You said it yourself "China possibly getting involved would be the bigger concern.", so why do anything? Who knows what China will do.


----------



## Corrie (Apr 22, 2017)

Don't kill millions of innocents, kill the leader instead.


----------



## moonford (Apr 22, 2017)

Corrie said:


> Don't kill millions of innocents, kill the leader instead.



More often than not the leader is the problem.


----------



## Corrie (Apr 22, 2017)

Zendel said:


> More often than not the leader is the problem.



Exactly. It's usually the leaders who start war. Like, kay, why don't you fight in the war yourself? 

That's how it should be. Nobody wants the war but you so you fight it.


----------



## nintendofan85 (Apr 22, 2017)

So, December 21, 2012, wasn't going to be the end of the world after all.


----------



## visibleghost (Apr 22, 2017)

Corrie said:


> Don't kill millions of innocents, kill the leader instead.


idk i dont think everything will be fine if he dies. idk how exactly it works but i'm sure there are a whole bunch of people who are benefited by the way things are who dont want the country to change. 




nintendofan85 said:


> So, December 21, 2012 wasn't going to be the end of the world after all.


we've known that since 2012 dude youre a little late


----------



## uwuzumakii (Apr 22, 2017)

With North Korea being the opposing side to the U.S., they would be fools to incite nuclear war. We have many more nuclear warheads than they do, and ours are far more developed. It would also be a lot easier for us to take them out, since their country is far smaller. And if we didn't even fire any nuclear warheads at them, their economy would collapse fairly quickly, cobsidering its current state. I don't think we have anything to worry about as of yet.


----------



## sej (Apr 22, 2017)

I am very scared of nuclear war, yes. Do I think the world will end in October? No.

You cannot predict the future.


----------



## Alolan_Apples (Apr 22, 2017)

Corrie said:


> Don't kill millions of innocents, kill the leader instead.



Actually, it's considered an international war crime to kill the leader of another country or to destroy the capital. The penalty for war crime is death. However, there wouldn't be a problem if you capture the leader and put them up for war crime trials.

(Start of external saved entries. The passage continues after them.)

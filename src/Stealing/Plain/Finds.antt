-- ===== src/Stealing/Plain/Finds.antt =====
-- core/src/common/work_steal.rs: when a pop from a local queue finds nothing.
use open_coroutine.Prelude.{
  ℕ, zero, suc, ◌+◌, ◌%◌, ◌<◌, ◌≡◌, refl, arith, Option, none, some, List, [], ◌∷◌, ◌++◌, inl, inr,
  Bool-cases, Option-cases, length, get_elem?, ◌==◌,
}
use mathlib.Core.Path.{subst}
use open_coroutine.Prelude.{sym, ap, ◌∙◌}
use open_coroutine.Stealing.Parts.{Workers, Injectors}
use open_coroutine.Stealing.Parts.Contents.{list_cases}
use open_coroutine.Stealing.Ordered.{get_or, set_elem}
use open_coroutine.Stealing.Ordered.Weights.{length-set_elem, get_or-set_elem}
use open_coroutine.Stealing.Plain.{
  WorkStealQueue, LocalQueue, shared_pop, own, set_own, can_steal, share, rob_all, next_tick,
  pop_own, pop_elsewhere, or_else, local_pop,
}
use open_coroutine.Stealing.Plain.Counts.{InRange}
use open_coroutine.Stealing.Plain.Pops.{pop_own-none}

module _ {T W I : Type 0} (𝓦 : Workers W T) (𝓘 : Injectors I T) where
  -- `len` counts the elements of the shared queue.
  abbrev pub IsCounted : WorkStealQueue I W → Type 0
  IsCounted s = s.len ≡ length (𝓘.items s.shared_queue)

  shared_pop-none :
      (s : WorkStealQueue I W)
      → IsCounted s
      → (shared_pop 𝓦 𝓘 s).0 ≡ none
      → (𝓘.items s.shared_queue ≡ []) × (shared_pop 𝓦 𝓘 s ≡ (none, s))
  unfolding shared_pop
  shared_pop-none s c e = elim (list_cases (𝓘.items s.shared_queue)) [
    | inl h ↦ (h, ground (arith, 𝓘.steal-nil s.shared_queue h))
    | inr (x, xs, h) ↦
        let (i, f, g) = 𝓘.steal-cons s.shared_queue x xs h in
        let long : length (𝓘.items s.shared_queue) ≡ suc (length xs) = ap length h in
        absurd (ground (arith, e, f, c, long))
  ]

  append-cons : (xs ys : List T) → 0 < length ys → xs ++ ys ≡ [] → ⊥
  append-cons [] [] h e = absurd (omega (arith, h))
  append-cons [] (y ∷ ys) h e = absurd (ground (arith, e))
  append-cons (x ∷ xs) ys h e = absurd (ground (arith, e))

  -- A theft that succeeds leaves something in the own queue.
  rob_all-own :
      (n i : ℕ) (l : LocalQueue) (s s' : WorkStealQueue I W)
      → InRange l s
      → rob_all 𝓦 𝓘 n i l s ≡ some s'
      → 𝓦.items (own 𝓦 𝓘 l s') ≡ []
      → ⊥
  unfolding rob_all
  rob_all-own zero i l s s' h e g = absurd (ground (arith, e))
  rob_all-own (suc n) i l s s' h e g =
      let j = i % length s.local_queues in
      let another = get_or (𝓦.new 0) (get_elem? s.local_queues j) in
      let mine = own 𝓦 𝓘 l s in
      let rest =
        λ (e' : rob_all 𝓦 𝓘 n (i + 1) l s ≡ some s'). rob_all-own n (i + 1) l s s' h e' g in
      elim (Bool-cases (can_steal 𝓦 𝓘 mine)) [
        | inr c ↦ absurd (ground (arith, c, e))
        | inl c ↦ elim (list_cases (𝓦.items another)) [
          | inl a ↦ rest (ground (arith, c, a, e))
          | inr (x, xs, a) ↦ elim (Option-cases (𝓦.steal (share 𝓦 𝓘 mine another) another mine)) [
            | inl f ↦ rest (ground (arith, c, a, f, e))
            | inr ((v, w), f) ↦
                let s1 = record s { local_queues = set_elem j v s.local_queues } in
                let won : some (set_own 𝓦 𝓘 l w s1) ≡ some s' = ground (arith, c, a, f, e) in
                let (taken, b, d, z, n1, n2, n3) =
                  𝓦.steal-moves (share 𝓦 𝓘 mine another) another mine v w f in
                let in_range =
                  subst (λ k. l.slot < k) (sym (length-set_elem j v s.local_queues)) h in
                let at = ap (λ r. 𝓦.items (own 𝓦 𝓘 l r)) (ap (get_or s) won) in
                let there =
                  ap 𝓦.items (get_or-set_elem l.slot w (𝓦.new 0) s1.local_queues in_range) in
                append-cons (𝓦.items mine) taken z (sym d ∙ sym there ∙ at ∙ g)
          ]
        ]
      ]

  pop_elsewhere-none :
      (start : ℕ) (l : LocalQueue) (s : WorkStealQueue I W)
      → InRange l s
      → IsCounted s
      → (pop_elsewhere 𝓦 𝓘 start l s).0 ≡ none
      → 𝓘.items s.shared_queue ≡ []
  unfolding pop_elsewhere
  pop_elsewhere-none start l s h c e = elim (Bool-cases l.stealing) [
    | inl b ↦ (shared_pop-none s c (ground (arith, b, e))).0
    | inr b ↦ elim (Option-cases (rob_all 𝓦 𝓘 (length s.local_queues) start l s)) [
      | inl f ↦ (shared_pop-none s c (ground (arith, f, b, e))).0
      | inr (s', f) ↦ absurd (
          rob_all-own (length s.local_queues) start l s s' h f
            (pop_own-none 𝓦 𝓘 l s' (ground (arith, f, b, e))).0)
    ]
  ]

  or_else-none :
      (r : Option T × WorkStealQueue I W)
      (next : WorkStealQueue I W → Option T × WorkStealQueue I W)
      → (or_else 𝓦 𝓘 r next).0 ≡ none
      → (r.0 ≡ none) × ((next r.1).0 ≡ none)
  or_else-none (none, s) next e = (refl, e)
  or_else-none (some x, s) next e = absurd (ground (arith, e))

  then_own-none :
      (start : ℕ) (l : LocalQueue) (s : WorkStealQueue I W)
      → InRange l s
      → IsCounted s
      → (or_else 𝓦 𝓘 (pop_own 𝓦 𝓘 l s) (pop_elsewhere 𝓦 𝓘 start l)).0 ≡ none
      → (𝓦.items (own 𝓦 𝓘 l s) ≡ []) × (𝓘.items s.shared_queue ≡ [])
  then_own-none start l s h c e =
      let (f, g) = or_else-none (pop_own 𝓦 𝓘 l s) (pop_elsewhere 𝓦 𝓘 start l) e in
      let (own_empty, same) = pop_own-none 𝓦 𝓘 l s f in
      (
        own_empty,
        pop_elsewhere-none start l s h c
            (ap (λ r. (pop_elsewhere 𝓦 𝓘 start l r.1).0) (sym same) ∙ g),
      )

  pub local_pop-none :
      (start : ℕ) (l : LocalQueue) (s : WorkStealQueue I W)
      → InRange l s
      → IsCounted s
      → (local_pop 𝓦 𝓘 start l s).0.0 ≡ none
      → (𝓦.items (own 𝓦 𝓘 l s) ≡ []) × (𝓘.items s.shared_queue ≡ [])
  unfolding local_pop
  local_pop-none start l s h c e =
      let l' = record l { tick = next_tick 𝓦 𝓘 l.tick } in
      let next =
        λ (s1 : WorkStealQueue I W). or_else 𝓦 𝓘 (pop_own 𝓦 𝓘 l' s1) (pop_elsewhere 𝓦 𝓘 start l') in
      elim (Bool-cases (next_tick 𝓦 𝓘 l.tick % 61 == 0)) [
        | inl t ↦
            let (f, g) = or_else-none (shared_pop 𝓦 𝓘 s) next (ground (arith, t, e)) in
            let (empty, same) = shared_pop-none s c f in
            then_own-none start l' s h c (ap (λ r. (next r.1).0) (sym same) ∙ g)
        | inr t ↦ then_own-none start l' s h c (ground (arith, t, e))
      ]
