-- ===== src/Stealing/Plain/Counted.antt =====
-- core/src/common/work_steal.rs: `len` counts the elements of the shared queue, so that a pop finds an
-- element if there is one.
use open_coroutine.Prelude.{
  ℕ, zero, suc, ◌+◌, ◌/◌, ◌%◌, ◌<◌, ◌≤◌, ◌≡◌, refl, ◌∙◌, ap, arith, true, Option, none, some, List,
  [], ◌∷◌, inl, inr, Bool-cases, Option-cases, length, length-append, get_elem?, ◌==◌,
}
use open_coroutine.Time.{u64_max}
use open_coroutine.Scheduler.Queues.{tally}
use open_coroutine.Stealing.Parts.{Workers, Injectors}
use open_coroutine.Stealing.Parts.Contents.{steal-items, pop-items}
use open_coroutine.Stealing.Ordered.{get_or}
use open_coroutine.Stealing.Ordered.Weights.{sum_of}
use open_coroutine.Stealing.Plain.{
  WorkStealQueue, LocalQueue, shared_push, shared_pop, own, set_own, local_len, push_half,
  local_push, rob_all, next_tick, pop_own, pop_elsewhere, or_else, local_pop,
}
use open_coroutine.Stealing.Plain.Counts.{InRange, total}
use open_coroutine.Stealing.Plain.Finds.{IsCounted}

pub tally-length : {T : Type 0} (xs : List T) → tally (λ x. true) xs ≡ length xs
tally-length [] = refl
tally-length (x ∷ xs) = omega (arith, tally-length xs)

pub get_or-sum_of :
    {A : Type 0} (f : A → ℕ) (d : A) (i : ℕ) (xs : List A)
    → i < length xs
    → f (get_or d (get_elem? xs i)) ≤ sum_of f xs
get_or-sum_of f d i [] h = absurd (omega (arith, h))
get_or-sum_of f d zero (x ∷ xs) h = omega arith
get_or-sum_of f d (suc i) (x ∷ xs) h = omega (arith, get_or-sum_of f d i xs (omega (arith, h)))

module _ {T W I : Type 0} (𝓦 : Workers W T) (𝓘 : Injectors I T) where
  abbrev pub shared : WorkStealQueue I W → ℕ
  shared s = length (𝓘.items s.shared_queue)

  -- The number of elements in all.
  abbrev pub size : WorkStealQueue I W → ℕ
  size s = total 𝓦 𝓘 (λ x. true) s

  pub shared_push-IsCounted :
      (x : T) (s : WorkStealQueue I W)
      → shared s < u64_max
      → IsCounted 𝓦 𝓘 s
      → IsCounted 𝓦 𝓘 (shared_push 𝓦 𝓘 x s) × (shared (shared_push 𝓦 𝓘 x s) ≡ suc (shared s))
  unfolding shared_push
  shared_push-IsCounted x s h c =
      let n =
        ap length (𝓘.items-push x s.shared_queue)
        ∙ length-append (𝓘.items s.shared_queue) (x ∷ []) in
      (ground (arith, n, h, c), omega (arith, n))

  pub shared_pop-IsCounted :
      (s : WorkStealQueue I W) → IsCounted 𝓦 𝓘 s → IsCounted 𝓦 𝓘 (shared_pop 𝓦 𝓘 s).1
  unfolding shared_pop
  shared_pop-IsCounted s c = elim (Option-cases (𝓘.steal s.shared_queue)) [
    | inl e ↦ ground (arith, e, c)
    | inr ((x, i), e) ↦
        let n = ap length (steal-items 𝓘 s.shared_queue i x e) in ground (arith, e, n, c)
  ]

  push_half-IsCounted :
      (n : ℕ) (w : W) (s : WorkStealQueue I W)
      → shared s + length (𝓦.items w) ≤ u64_max
      → IsCounted 𝓦 𝓘 s
      → let r = push_half 𝓦 𝓘 n w s in
        IsCounted 𝓦 𝓘 r.1 × (shared r.1 + length (𝓦.items r.0) ≡ shared s + length (𝓦.items w))
  unfolding push_half
  push_half-IsCounted zero w s h c = (c, refl)
  push_half-IsCounted (suc n) w s h c = elim (Option-cases (𝓦.pop w)) [
    | inl e ↦ rw (e, push_half) (push_half-IsCounted n w s h c)
    | inr ((x, w'), e) ↦
        let less = ap length (pop-items 𝓦 w w' x e) in
        let (c', g) = shared_push-IsCounted x s (omega (arith, less, h)) c in
        let (d, k) =
          push_half-IsCounted n w' (shared_push 𝓦 𝓘 x s) (omega (arith, less, g, h)) c' in
        rw (e, push_half) (d, omega (arith, k, less, g))
  ]

  held :
      (l : LocalQueue) (s : WorkStealQueue I W)
      → InRange l s
      → shared s + length (𝓦.items (own 𝓦 𝓘 l s)) ≤ size s
  held l s h =
      let one =
        get_or-sum_of (λ (w : W). tally (λ x. true) (𝓦.items w)) (𝓦.new 0) l.slot s.local_queues
          h in
      omega
        (arith, one, tally-length (𝓘.items s.shared_queue), tally-length (𝓦.items (own 𝓦 𝓘 l s)))

  pub local_push-IsCounted :
      (x : T) (l : LocalQueue) (s : WorkStealQueue I W)
      → InRange l s
      → size s < u64_max
      → IsCounted 𝓦 𝓘 s
      → IsCounted 𝓦 𝓘 (local_push 𝓦 𝓘 x l s)
  unfolding local_push
  local_push-IsCounted x l s h small c =
      let w = own 𝓦 𝓘 l s in
      elim (Option-cases (𝓦.push x w)) [
        | inr (w', e) ↦ rw (e, local_push) c
        | inl e ↦
            let (d, k) =
              push_half-IsCounted (local_len 𝓦 𝓘 w / 2) w s (omega (arith, held l s h, small)) c in
            let r = push_half 𝓦 𝓘 (local_len 𝓦 𝓘 w / 2) w s in
            let room : shared r.1 < u64_max = omega (arith, k, held l s h, small) in
            let (f, g) = shared_push-IsCounted x (set_own 𝓦 𝓘 l r.0 r.1) room d in
            rw (e, local_push) f
      ]

  -- What a pop leaves counted, where what came before it did.
  or_else-IsCounted :
      (r : Option T × WorkStealQueue I W)
      (next : WorkStealQueue I W → Option T × WorkStealQueue I W)
      → IsCounted 𝓦 𝓘 r.1
      → ((s : WorkStealQueue I W) → IsCounted 𝓦 𝓘 s → IsCounted 𝓦 𝓘 (next s).1)
      → IsCounted 𝓦 𝓘 (or_else 𝓦 𝓘 r next).1
  or_else-IsCounted (none, s) next c g = g s c
  or_else-IsCounted (some x, s) next c g = c

  pop_own-IsCounted :
      (l : LocalQueue) (s : WorkStealQueue I W)
      → IsCounted 𝓦 𝓘 s
      → IsCounted 𝓦 𝓘 (pop_own 𝓦 𝓘 l s).1
  unfolding pop_own
  pop_own-IsCounted l s c = elim (Option-cases (𝓦.pop (own 𝓦 𝓘 l s))) [
    | inl e ↦ ground (arith, e, c)
    | inr (r, e) ↦ ground (arith, e, c)
  ]

  rob_all-IsCounted :
      (n i : ℕ) (l : LocalQueue) (s s' : WorkStealQueue I W)
      → rob_all 𝓦 𝓘 n i l s ≡ some s'
      → IsCounted 𝓦 𝓘 s
      → IsCounted 𝓦 𝓘 s'
  unfolding rob_all
  rob_all-IsCounted zero i l s s' e c = absurd (ground (arith, e))
  rob_all-IsCounted (suc n) i l s s' e c = ground (arith, e, c, rob_all-IsCounted n (i + 1) l s s')

  pop_elsewhere-IsCounted :
      (start : ℕ) (l : LocalQueue) (s : WorkStealQueue I W)
      → IsCounted 𝓦 𝓘 s
      → IsCounted 𝓦 𝓘 (pop_elsewhere 𝓦 𝓘 start l s).1
  unfolding pop_elsewhere
  pop_elsewhere-IsCounted start l s c = elim (Bool-cases l.stealing) [
    | inl b ↦ rw (b, pop_elsewhere) (shared_pop-IsCounted s c)
    | inr b ↦ elim (Option-cases (rob_all 𝓦 𝓘 (length s.local_queues) start l s)) [
      | inl e ↦ rw (e, b, pop_elsewhere) (shared_pop-IsCounted s c)
      | inr (s', e) ↦
          rw (e, b, pop_elsewhere)
            (pop_own-IsCounted l s' (rob_all-IsCounted (length s.local_queues) start l s s' e c))
    ]
  ]

  pub local_pop-IsCounted :
      (start : ℕ) (l : LocalQueue) (s : WorkStealQueue I W)
      → IsCounted 𝓦 𝓘 s
      → IsCounted 𝓦 𝓘 (local_pop 𝓦 𝓘 start l s).0.1
  unfolding local_pop
  local_pop-IsCounted start l s c =
      let l' = record l { tick = next_tick 𝓦 𝓘 l.tick } in
      let next = λ (s1 : WorkStealQueue I W) (c1 : IsCounted 𝓦 𝓘 s1).
        or_else-IsCounted (pop_own 𝓦 𝓘 l' s1) (pop_elsewhere 𝓦 𝓘 start l')
          (pop_own-IsCounted l' s1 c1) (pop_elsewhere-IsCounted start l') in
      elim (Bool-cases (next_tick 𝓦 𝓘 l.tick % 61 == 0)) [
        | inl t ↦
            rw (t, local_pop)
              (or_else-IsCounted (shared_pop 𝓦 𝓘 s) _ (shared_pop-IsCounted s c) next)
        | inr t ↦ rw (t, local_pop) (next s c)
      ]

Kim Jong un is deserving an arrest. Not only he wants to provoke a nuclear war, but he's abusing his own citizens. There are some thing that are legal across the world that is highly illegal in North Korea. And the penalty for breaking the law in North Korea is death or prison camps that use medieval-style torture. This is a human rights violation, and you shouldn't be taking control of every aspect of peoples' lives. People who do this (like Kim Jong-Un) are putting themselves in the realm of evil.


----------



## nintendofan85 (Apr 22, 2017)

visibleghost said:


> we've known that since 2012 dude youre a little late



I know, I just say that because ever since then, no one has come out and tried to predict the end of the world.


----------



## Mr. Cat (Apr 22, 2017)

Sej said:


> You cannot predict the future.



What about the Simpsons though?


----------



## sej (Apr 22, 2017)

Mr. Cat said:


> What about the Simpsons though?


----------



## Alolan_Apples (Apr 22, 2017)

Mr. Cat said:


> What about the Simpsons though?



Not even the simspsons. Just because they talked about something in the past that didn't exist until later doesn't mean they can tell the future.


----------



## LambdaDelta (Apr 22, 2017)

Mr. Cat said:


> What about the Simpsons though?



wow, I can't believe yeardley smith is going to run for president in one of the 2 upcoming presidential elections and win

(yes, I know she legally can't)


----------



## visibleghost (Apr 22, 2017)

nintendofan85 said:


> I know, I just say that because ever since then, no one has come out and tried to predict the end of the world.



are u sure


----------



## LambdaDelta (Apr 22, 2017)

i predict the world will end at a time between now and infinity


----------



## Alolan_Apples (Apr 23, 2017)

visibleghost said:


> are u sure



I don't believe Nibiru exists. Some people are afraid of something that's not even going to happen.


----------



## Envy (Apr 23, 2017)

forestyne said:


> A mystic has predicted that a nuclear war will begin on May 13th, lesss than 4 weeks away, and the world wil end in October 2017.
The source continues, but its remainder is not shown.